I’m currently in the process of trying to write a processor software stack (uArch simulator, compiler, binary tools, etc) in CUDA,
and while most things are pretty straight forward, the compiler frontend is turning out to be an area where I’m finding a lack
of related work and existing implementations, specifically the Lexer/Parser/AST.
So I’m hoping that some people here will find this interesting enough to walk through a potential design with me.
I’m much more interested in an implementation that is simple, easy to understand, and scalable on future processors than one
that trades implementation complexity for performance. Let’s start with one problem at a time (Lexical Analysis), and begin with
Consume an arbitrary long sequence of characters, produce the corresponding sequence of tokens (possibly with attached metadata) defined by a set of rules (regular expressions).
Get good occupancy for large inputs on a 2015-2018 era GPU (extrapolate current architectures out a few die shrinks).
Have linear or near-linear complexity for simple languages (don’t try to beat a sequential implementation based on FAs by brute forcing it).
Settle on a simple high-level algorithm. My current favorite is bottom-up DFA merging.
Handling payload data, e.g. “some_variable_name” -> TOKEN_IDENTIFIER (then token can be encoded as an int, how do you store the value “some_variable_name” semi-efficiently? How does this generalize to complex payload data?)
How to automatically synthesize a CUDA engine from a language specification?
Algorithm Overview (bottom-up DFA merging):
Sweep over a window of the input stream, feed each character as the input to an uninitialized state machine.
Recursively merge neighboring state machines together, possibly generating tokens and a single state machine in a new state.
Gather the generated tokens together into a sequence.
Thanks a lot for the links. I’m still reading through “Survey of parallel context-free parsing techniques” and the related
references. There are definitely some similarities with what I am proposing, possibly with what the paper calls connectionist
Some of the other links had some interesting observations, for example, that starting sequential parsers from random
locations, would typically converge quickly. However, I’m generally not in favor of speculative methods because I think
that they would fall apart when parsing worst-case grammars. For example, when a dependence in the DFA spans multiple
partitions. In such cases, I’m not sure if the result would even be correct.

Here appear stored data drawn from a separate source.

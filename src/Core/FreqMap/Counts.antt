-- ===== src/Core/FreqMap/Counts.antt =====
-- src/core/UrlFreqMap.cpp: the map of frequencies against the queue.
use contentv.Prelude.{
  ℕ, ◌+◌, ◌-◌, ◌<◌, ◌≡◌, refl, String, List, [], ◌∷◌, ◌++◌, arith, str_eq, eq_iff, leb,
  if◌then◌else◌, All, All-append, Bool-cases, Option-cases, inl, inr,
}
use contentv.Prelude.Dict.{
  Dict, find, insert, erase, IsUnique, find-insert, find-erase, insert-IsUnique, erase-IsUnique,
}
use contentv.Core.Time.{Tp, secs}
use contentv.Core.FreqMap.{
  UrlTpStat, UrlFreqMap, new, count_of, add_count, sub_count, cleanup, check_cleanup,
  insert_visits_pack,
}

-- The visits of the url in the queue.
unfoldable pub total : String → List UrlTpStat → ℕ
total u [] = 0
total u (s ∷ q) = (if str_eq s.url u then s.cnt else 0) + total u q

pub total-append : (u : String) (q r : List UrlTpStat) → total u (q ++ r) ≡ total u q + total u r
unfolding total
total-append u [] r = omega arith
total-append u (s ∷ q) r = omega (arith, total-append u q r)

pub total-snoc :
    (u : String) (q : List UrlTpStat) (s : UrlTpStat)
    → total u (q ++ s ∷ []) ≡ total u q + (if str_eq s.url u then s.cnt else 0)
unfolding total
total-snoc u q s = omega (arith, total-append u q (s ∷ []))

pub count_of-add_count :
    (u v : String) (c : ℕ) (m : Dict ℕ)
    → count_of v (add_count u c m) ≡ (if str_eq u v then count_of v m + c else count_of v m)
unfolding count_of add_count
count_of-add_count u v c m = ground (arith, eq_iff u v, find-insert u v (count_of u m + c) m)

pub count_of-sub_count :
    (s : UrlTpStat) (v : String) (m : Dict ℕ)
    → count_of v (sub_count s m) ≡ (if str_eq s.url v then count_of v m - s.cnt else count_of v m)
unfolding count_of sub_count
count_of-sub_count s v m = elim (Option-cases (find s.url m)) [
  | inl e ↦ ground (arith, eq_iff s.url v, e)
  | inr (c, e) ↦
      ground (arith, eq_iff s.url v, e, find-insert s.url v (c - s.cnt) m, find-erase s.url v m)
]

abbrev pub PositiveEntries : Dict ℕ → Type 0
PositiveEntries = All (λ e. 0 < e.1)

abbrev pub PositiveCounts : List UrlTpStat → Type 0
PositiveCounts = All (λ (s : UrlTpStat). 0 < s.cnt)

pub insert-PositiveEntries :
    (k : String) (c : ℕ) (m : Dict ℕ) → 0 < c → PositiveEntries m → PositiveEntries (insert k c m)
unfolding insert
insert-PositiveEntries k c [] p h = (p, tt)
insert-PositiveEntries k c ((j, w) ∷ m) p h = ground (arith, insert-PositiveEntries k c m p h.1)

erase-PositiveEntries : (k : String) (m : Dict ℕ) → PositiveEntries m → PositiveEntries (erase k m)
unfolding erase
erase-PositiveEntries k [] h = tt
erase-PositiveEntries k ((j, w) ∷ m) h = ground (arith, erase-PositiveEntries k m h.1)

-- A map without duplicate keys and without an entry that is 0.
pub record IsClean (m : Dict ℕ) : Type 0 where
  pub unique : IsUnique m
  pub positive : PositiveEntries m

pub add_count-IsClean :
    (u : String) (c : ℕ) (m : Dict ℕ) → 0 < c → IsClean m → IsClean (add_count u c m)
unfolding add_count
add_count-IsClean u c m p h = record {
  unique = insert-IsUnique u _ m h.unique;
  positive = insert-PositiveEntries u _ m (omega arith) h.positive;
}

pub sub_count-IsClean : (s : UrlTpStat) (m : Dict ℕ) → IsClean m → IsClean (sub_count s m)
unfolding sub_count
sub_count-IsClean s m h = elim (Option-cases (find s.url m)) [
  | inl e ↦ rw (e, sub_count) h
  | inr (c, e) ↦
      rw (e, sub_count)
        (elim (Bool-cases (leb c s.cnt)) [
          | inl t ↦ rw t (record {
            unique = erase-IsUnique s.url m h.unique;
            positive = erase-PositiveEntries s.url m h.positive;
          })
          | inr t ↦ rw t (record {
            unique = insert-IsUnique s.url _ m h.unique;
            positive = insert-PositiveEntries s.url _ m (ground arith) h.positive;
          })
        ])
]

-- Every url's frequency is the sum of its counts in the queue, and the map has an entry for
-- exactly the urls whose sum is not 0.
pub record IsExact (f : UrlFreqMap) : Type 0 where
  pub clean : IsClean f.url_freq
  pub counted : PositiveCounts f.uts_q
  pub exact : (u : String) → count_of u f.url_freq ≡ total u f.uts_q

popped :
    (s : UrlTpStat) (q : List UrlTpStat) (m : Dict ℕ)
    → ((u : String) → count_of u m ≡ total u (s ∷ q))
    → (u : String) → count_of u (sub_count s m) ≡ total u q
unfolding total
popped s q m h u = ground (arith, h u, count_of-sub_count s u m)

cleanup-exact :
    (window now : ℕ) (q : List UrlTpStat) (m : Dict ℕ)
    → IsClean m
    → PositiveCounts q
    → ((u : String) → count_of u m ≡ total u q)
    → IsClean (cleanup window now q m).1
      × PositiveCounts (cleanup window now q m).0
      × ((u : String) → count_of u (cleanup window now q m).1 ≡ total u (cleanup window now q m).0)
unfolding cleanup
cleanup-exact window now [] m c p h = (c, p, h)
cleanup-exact window now (s ∷ q) m c p h = elim (Bool-cases (leb (secs (now - s.tp)) window)) [
  | inl e ↦ rw e (c, p, h)
  | inr e ↦
      rw e
        (cleanup-exact window now q (sub_count s m) (sub_count-IsClean s m c) p.1 (popped s q m h))
]

pub check_cleanup-IsExact : (f : UrlFreqMap) (now : Tp) → IsExact f → IsExact (check_cleanup f now)
unfolding check_cleanup
check_cleanup-IsExact f now h =
    let r = cleanup-exact f.window now f.uts_q f.url_freq h.clean h.counted h.exact in
    record { clean = r.0; counted = r.1; exact = r.2 }

pub new-IsExact : (window : ℕ) → IsExact (new window)
unfolding new count_of find total
new-IsExact window = record {
  clean = record { unique = tt; positive = tt };
  counted = tt;
  exact = λ u. refl;
}

-- `insertVisitsPack` of a positive count keeps the map exact, whatever it drops from the window.
pub insert_visits_pack-IsExact :
    (f : UrlFreqMap) (s : UrlTpStat) (now : Tp)
    → 0 < s.cnt
    → IsExact f
    → IsExact (insert_visits_pack f s now)
unfolding insert_visits_pack
insert_visits_pack-IsExact f s now p h = check_cleanup-IsExact _ now (record {
  clean = add_count-IsClean s.url s.cnt f.url_freq p h.clean;
  counted = All-append (λ (t : UrlTpStat). 0 < t.cnt) f.uts_q (s ∷ []) h.counted (p, tt);
  exact = pushed;
})
  where
    pushed :
        (u : String) → count_of u (add_count s.url s.cnt f.url_freq) ≡ total u (f.uts_q ++ s ∷ [])
    pushed u =
        ground
          (arith, h.exact u, count_of-add_count s.url u s.cnt f.url_freq, total-snoc u f.uts_q s)
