-- ===== src/Core/Sorted.antt =====
-- Queues ordered by time, and dropping what has expired from their front.
use contentv.Prelude.{
  ℕ, ◌≤◌, ◌≡◌, refl, sym, ap, ◌∙◌, keep-append, false, not, List, [], ◌∷◌, ◌++◌, arith, keep,
  drop_while, All, Bool-cases, inl, inr,
}
use contentv.Core.Time.{Tp, is_expired, is_expired_mono, is_expired_later}

module _ {ℓ} {A : Type ℓ} where
  -- The times of the elements do not fall along the list.
  abbrev pub IsSorted : (A → Tp) → List A → Type 0
  IsSorted tp [] = Unit
  IsSorted tp (x ∷ xs) = All (λ y. tp x ≤ tp y) xs × IsSorted tp xs

  -- What a window of that length still holds at that instant.
  abbrev pub live : ℕ → Tp → (A → Tp) → List A → List A
  live window now tp = keep (λ x. not (is_expired window now (tp x)))

  live-All :
      (window now : ℕ) (tp : A → Tp) (x : A) (xs : List A)
      → All (λ y. tp x ≤ tp y) xs
      → is_expired window now (tp x) ≡ false
      → live window now tp xs ≡ xs
  live-All window now tp x [] h e = refl
  live-All window now tp x (y ∷ xs) h e =
      rw (is_expired_mono window now (tp x) (tp y) h.0 e)
        (ap (◌∷◌ y) (live-All window now tp x xs h.1 e))

  -- On an ordered queue, popping the front while it has expired leaves what is live.
  pub drop_while-live :
      (window now : ℕ) (tp : A → Tp) (xs : List A)
      → IsSorted tp xs
      → drop_while (λ x. is_expired window now (tp x)) xs ≡ live window now tp xs
  drop_while-live window now tp [] h = refl
  drop_while-live window now tp (x ∷ xs) h = elim (Bool-cases (is_expired window now (tp x))) [
    | inl e ↦ rw e (drop_while-live window now tp xs h.1)
    | inr e ↦ rw e (ap (◌∷◌ x) (sym (live-All window now tp x xs h.0 e)))
  ]

  pub live-live :
      (window now later : ℕ) (tp : A → Tp) (xs : List A)
      → now ≤ later
      → live window later tp (live window now tp xs) ≡ live window later tp xs
  live-live window now later tp [] h = refl
  live-live window now later tp (x ∷ xs) h = elim (Bool-cases (is_expired window now (tp x))) [
    | inl e ↦ elim (Bool-cases (is_expired window later (tp x))) [
      | inl e' ↦ rw (e, e') (live-live window now later tp xs h)
      | inr e' ↦ cc (is_expired_later window now later (tp x) h e')
    ]
    | inr e ↦ ground (arith, live-live window now later tp xs h, e)
  ]

  pub All-live :
      (P : A → Type 0) (window now : ℕ) (tp : A → Tp) (xs : List A)
      → All P xs
      → All P (live window now tp xs)
  All-live P window now tp [] h = tt
  All-live P window now tp (x ∷ xs) h = ground (arith, All-live P window now tp xs h.1)

  pub live-IsSorted :
      (window now : ℕ) (tp : A → Tp) (xs : List A)
      → IsSorted tp xs
      → IsSorted tp (live window now tp xs)
  live-IsSorted window now tp [] h = tt
  live-IsSorted window now tp (x ∷ xs) h =
      ground (
        arith,
        live-IsSorted window now tp xs h.1,
        All-live (λ y. tp x ≤ tp y) window now tp xs h.0,
      )

  -- An element as late as all before it may stand at the end.
  pub snoc-IsSorted :
      (tp : A → Tp) (xs : List A) (x : A)
      → IsSorted tp xs
      → All (λ y. tp y ≤ tp x) xs
      → IsSorted tp (xs ++ x ∷ [])
  snoc-IsSorted tp [] x h k = (tt, tt)
  snoc-IsSorted tp (y ∷ xs) x h k = (All-snoc xs h.0, snoc-IsSorted tp xs x h.1 k.1)
    where
      All-snoc : (zs : List A) → All (λ z. tp y ≤ tp z) zs → All (λ z. tp y ≤ tp z) (zs ++ x ∷ [])
      All-snoc [] p = (k.0, tt)
      All-snoc (z ∷ zs) p = (p.0, All-snoc zs p.1)

  live-append :
      (window now : ℕ) (tp : A → Tp) (xs ys : List A)
      → live window now tp (xs ++ ys) ≡ live window now tp xs ++ live window now tp ys
  live-append window now tp xs ys = keep-append _ xs ys

  -- To push an element that is the latest and then drop what has expired, in a queue that holds
  -- what was live before, leaves what is live of the whole history.
  pub push-live :
      (window now later : ℕ) (tp : A → Tp) (xs : List A) (x : A)
      → now ≤ later
      → IsSorted tp xs
      → All (λ y. tp y ≤ tp x) xs
      → drop_while (λ y. is_expired window later (tp y)) (live window now tp xs ++ x ∷ [])
        ≡ live window later tp (xs ++ x ∷ [])
  push-live window now later tp xs x le h k =
      drop_while-live window later tp _ (
        snoc-IsSorted tp _ x (live-IsSorted window now tp xs h)
          (All-live (λ y. tp y ≤ tp x) window now tp xs k))
      ∙ (live-append window later tp (live window now tp xs) (x ∷ [])
          ∙ (ap (λ l. l ++ live window later tp (x ∷ [])) (live-live window now later tp xs le)
              ∙ sym (live-append window later tp xs (x ∷ []))))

Also, I don’t think that you can easily evolve a partitioning based algorithm into a conservative algorithm because,
unlike other partitioning based parallel algorithms like intersect or merge, the input cannot be easily sorted. So
you may have to linearly scan backwards after an initial partitioning stage to find the beginning of the first token in
the partition. I can imagine cases where the partition occurs in a very large comment, string, array, etc, and the
runtime is dominated by the linear scan.
I’m much more in favor of conservative algorithms where performance possibly degrades as the grammar becomes more complicated,
but the partitioning should be done with a divide and conquer algorithm to place a bound on the worst-case runtime.